I would like to know how to do this:
Convert a .txt file to .pdf
Which libraries should I use?


----------



## nims11 (Feb 26, 2011)

u can use ITEXT which is a free library for java and C# to create PDF. U can also use *HARU* which is a free PDF library for C++


----------



## utkarsh009 (Feb 26, 2011)

@OP: you mean to say you need to create a pdf file on yourself with your own text. then just type or the text in openoffice.org and use the option "export as pdf" present in the standard toolbar.


----------



## nims11 (Feb 27, 2011)

^^ i dont think so. he asked for a *LIBRARY*. also he posted it under the programming section


----------



## utkarsh009 (Feb 27, 2011)

^^yah that was what i was thinking. but anyways my suggestion might help anyone looking for making a pdf file.


----------



## Liverpool_fan (Feb 27, 2011)

With which platform? Java?
Generate PDF files from Java applications dynamically


----------



## prttal (Feb 28, 2011)

Sorry. I forgot to tell you the platform is C++.

---------- Post added at 01:33 PM ---------- Previous post was at 01:18 PM ----------

@nims11:Could you some help with the code using HARU?


----------



## nims11 (Mar 2, 2011)

prttal said:


> @nims11:Could you some help with the code using HARU?



sorry i can't help, i don't know much about HARU, go through its documentation.

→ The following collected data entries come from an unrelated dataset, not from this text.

-- ===== src/Tracker/Charges.antt =====
-- What one call of internal/tracker/tracker.go adds to the pending traffic of a user.
use xboard_node_win.Common.{
  ℤ, pos, ◌+ℤ◌, ◌-ℤ◌, ◌≤ℤ◌, wrap_id, InRange, int_laws, lookup, IsMap, ltb_ℤ, if◌then◌else◌,
  int_key, none, some, Bool, true, false, ◌≡◌, arith, Bool-cases, inl, inr, ◌∙◌, parts_apart,
  ltb_ℤ→lt, ltb_ℤ→ge,
}
use xboard_node_win.Tracker.{
  Traffic, AliveIps, Tracker, traffic_of, delta, deltas, is_active, process,
}
use xboard_node_win.Tracker.Lookups.{charge, last_seen-process_users, pending-process_users}

-- A counter that did not fall is charged the difference.
delta_grown :
    (cum prev : ℤ) → pos 0 ≤ℤ prev → prev ≤ℤ cum → InRange cum → delta cum prev ≡ cum -ℤ prev
unfolding delta
delta_grown cum prev p h r =
    let d : ℤ = cum -ℤ prev in
    rw (wrap_id d (omega (int_laws, parts_apart d, parts_apart cum, parts_apart prev)))
      (elim (Bool-cases (ltb_ℤ d (pos 0))) [
        | inl neg ↦ absurd (omega (int_laws, ltb_ℤ→lt d (pos 0) neg))
        | inr fine ↦ rw fine
      ])

-- A counter that fell was reset, and is charged whole.
delta_reset :
    (cum prev : ℤ) → pos 0 ≤ℤ cum → ltb_ℤ cum prev ≡ true → InRange prev → delta cum prev ≡ cum
unfolding delta
delta_reset cum prev p h r =
    let d : ℤ = cum -ℤ prev in
    let lt = ltb_ℤ→lt cum prev h in
    rw (wrap_id d (omega (int_laws, lt, parts_apart d, parts_apart cum, parts_apart prev)))
      (elim (Bool-cases (ltb_ℤ d (pos 0))) [
        | inl neg ↦ rw neg
        | inr fine ↦ absurd (omega (int_laws, lt, ltb_ℤ→ge d (pos 0) fine))
      ])

-- Whether a counter is that of the upload or of the download.
abbrev pub pick : Bool → ℤ × ℤ → ℤ
pick true p = p.0
pick false p = p.1

-- The growth of a counter since the last call; a counter that fell restarted from zero.
abbrev pub growth : ℤ → ℤ → ℤ
growth cum prev = if ltb_ℤ cum prev then cum else cum -ℤ prev

abbrev pub Counter : ℤ → Type 0
Counter a = (pos 0 ≤ℤ a) × InRange a

pub delta-growth : (cum prev : ℤ) → Counter cum → Counter prev → delta cum prev ≡ growth cum prev
delta-growth cum prev c p = elim (Bool-cases (ltb_ℤ cum prev)) [
  | inl fell ↦ rw fell (delta_reset cum prev c.0 fell p.1)
  | inr rose ↦ rw rose (delta_grown cum prev p.0 (ltb_ℤ→ge cum prev rose) c.1)
]

pub growth_nonneg : (cum prev : ℤ) → Counter cum → pos 0 ≤ℤ growth cum prev
growth_nonneg cum prev c = elim (Bool-cases (ltb_ℤ cum prev)) [
  | inl fell ↦ rw fell c.0
  | inr rose ↦ rw rose (omega (int_laws, ltb_ℤ→ge cum prev rose))
]

-- Pending traffic plus a growth that still fits is charged exactly, in either direction.
pub pick-charge :
    (dir : Bool) (pending d : ℤ × ℤ)
    → pos 0 ≤ℤ d.0
    → pos 0 ≤ℤ d.1
    → InRange (pick dir pending +ℤ pick dir d)
    → pick dir (charge pending d) ≡ pick dir pending +ℤ pick dir d
pick-charge true pending d h k r = elim (Bool-cases (is_active d)) [
  | inl a ↦ rw a (wrap_id _ r)
  | inr a ↦ rw a (omega (int_laws, ltb_ℤ→ge (pos 0) d.0 (ground arith)))
]
pick-charge false pending d h k r = elim (Bool-cases (is_active d)) [
  | inl a ↦ rw a (wrap_id _ r)
  | inr a ↦ rw a (omega (int_laws, ltb_ℤ→ge (pos 0) d.1 (ground arith)))
]

module _ (t : Tracker) (cums : Traffic) (alive : AliveIps) (conns uid : ℤ) where
  -- A user that the kernel does not report keeps its values.
  pub process_absent :
      IsMap cums
      → lookup uid cums ≡ none
      → (traffic_of uid (process t cums alive conns).pending_traffic
          ≡ traffic_of uid t.pending_traffic)
        × (traffic_of uid (process t cums alive conns).last_seen ≡ traffic_of uid t.last_seen)
  unfolding process
  process_absent m e =
      (pending-process_users cums uid _ m ∙ rw e, last_seen-process_users cums uid _ m ∙ rw e)

  -- If the report is a map, and the counters of the user, the last and the new ones, are int64 and
  -- not negative, and the sum fits an int64, then `Process` adds to the user's pending traffic in a
  -- direction exactly the growth of the counter, which after a counter reset is the whole counter,
  -- and remembers the counters.
  pub process_charges :
      (dir : Bool) (cum : ℤ × ℤ)
      → IsMap cums
      → lookup uid cums ≡ some cum
      → Counter cum.0
      → Counter cum.1
      → Counter (traffic_of uid t.last_seen).0
      → Counter (traffic_of uid t.last_seen).1
      → InRange (
          pick dir (traffic_of uid t.pending_traffic)
          +ℤ growth (pick dir cum) (pick dir (traffic_of uid t.last_seen)))
      → (pick dir (traffic_of uid (process t cums alive conns).pending_traffic)
          ≡ pick dir (traffic_of uid t.pending_traffic)
            +ℤ growth (pick dir cum) (pick dir (traffic_of uid t.last_seen)))
        × (traffic_of uid (process t cums alive conns).last_seen ≡ cum)
  unfolding process
  process_charges dir cum m e c0 c1 p0 p1 r = (
    rw (pending-process_users cums uid _ m)
        (rw e (picked dir (traffic_of uid t.last_seen) p0 p1 r)),
    last_seen-process_users cums uid _ m ∙ rw e,
  )
    where
      picked :
          (dir : Bool) (prev : ℤ × ℤ)
          → Counter prev.0
          → Counter prev.1
          → InRange
              (pick dir (traffic_of uid t.pending_traffic) +ℤ growth (pick dir cum) (pick dir prev))
          → pick dir (charge (traffic_of uid t.pending_traffic) (deltas cum prev))
            ≡ pick dir (traffic_of uid t.pending_traffic) +ℤ growth (pick dir cum) (pick dir prev)
      picked true prev q0 q1 fits =
          rw (delta-growth cum.0 prev.0 c0 q0, delta-growth cum.1 prev.1 c1 q1)
            (pick-charge true (traffic_of uid t.pending_traffic)
              (growth cum.0 prev.0, growth cum.1 prev.1) (growth_nonneg cum.0 prev.0 c0)
              (growth_nonneg cum.1 prev.1 c1) fits)
      picked false prev q0 q1 fits =
          rw (delta-growth cum.0 prev.0 c0 q0, delta-growth cum.1 prev.1 c1 q1)
            (pick-charge false (traffic_of uid t.pending_traffic)
              (growth cum.0 prev.0, growth cum.1 prev.1) (growth_nonneg cum.0 prev.0 c0)
              (growth_nonneg cum.1 prev.1 c1) fits)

here are some more free pdf libraries for C/C++...
*www.freebyte.com/programming/cpp/#freecpppdflibraries


----------



## prttal (Mar 6, 2011)

Could anybody please help me with the code or at least the logic to be used?


----------



## arpanmukherjee1 (Mar 7, 2011)

*libharu.sourceforge.net/demo/font_demo.c

Haru Free PDF Library

i think the code is quiet self-explanatory


----------



## prttal (Mar 7, 2011)

^^ Thank you. I have created that program. Now I want to try a .html/.mht file.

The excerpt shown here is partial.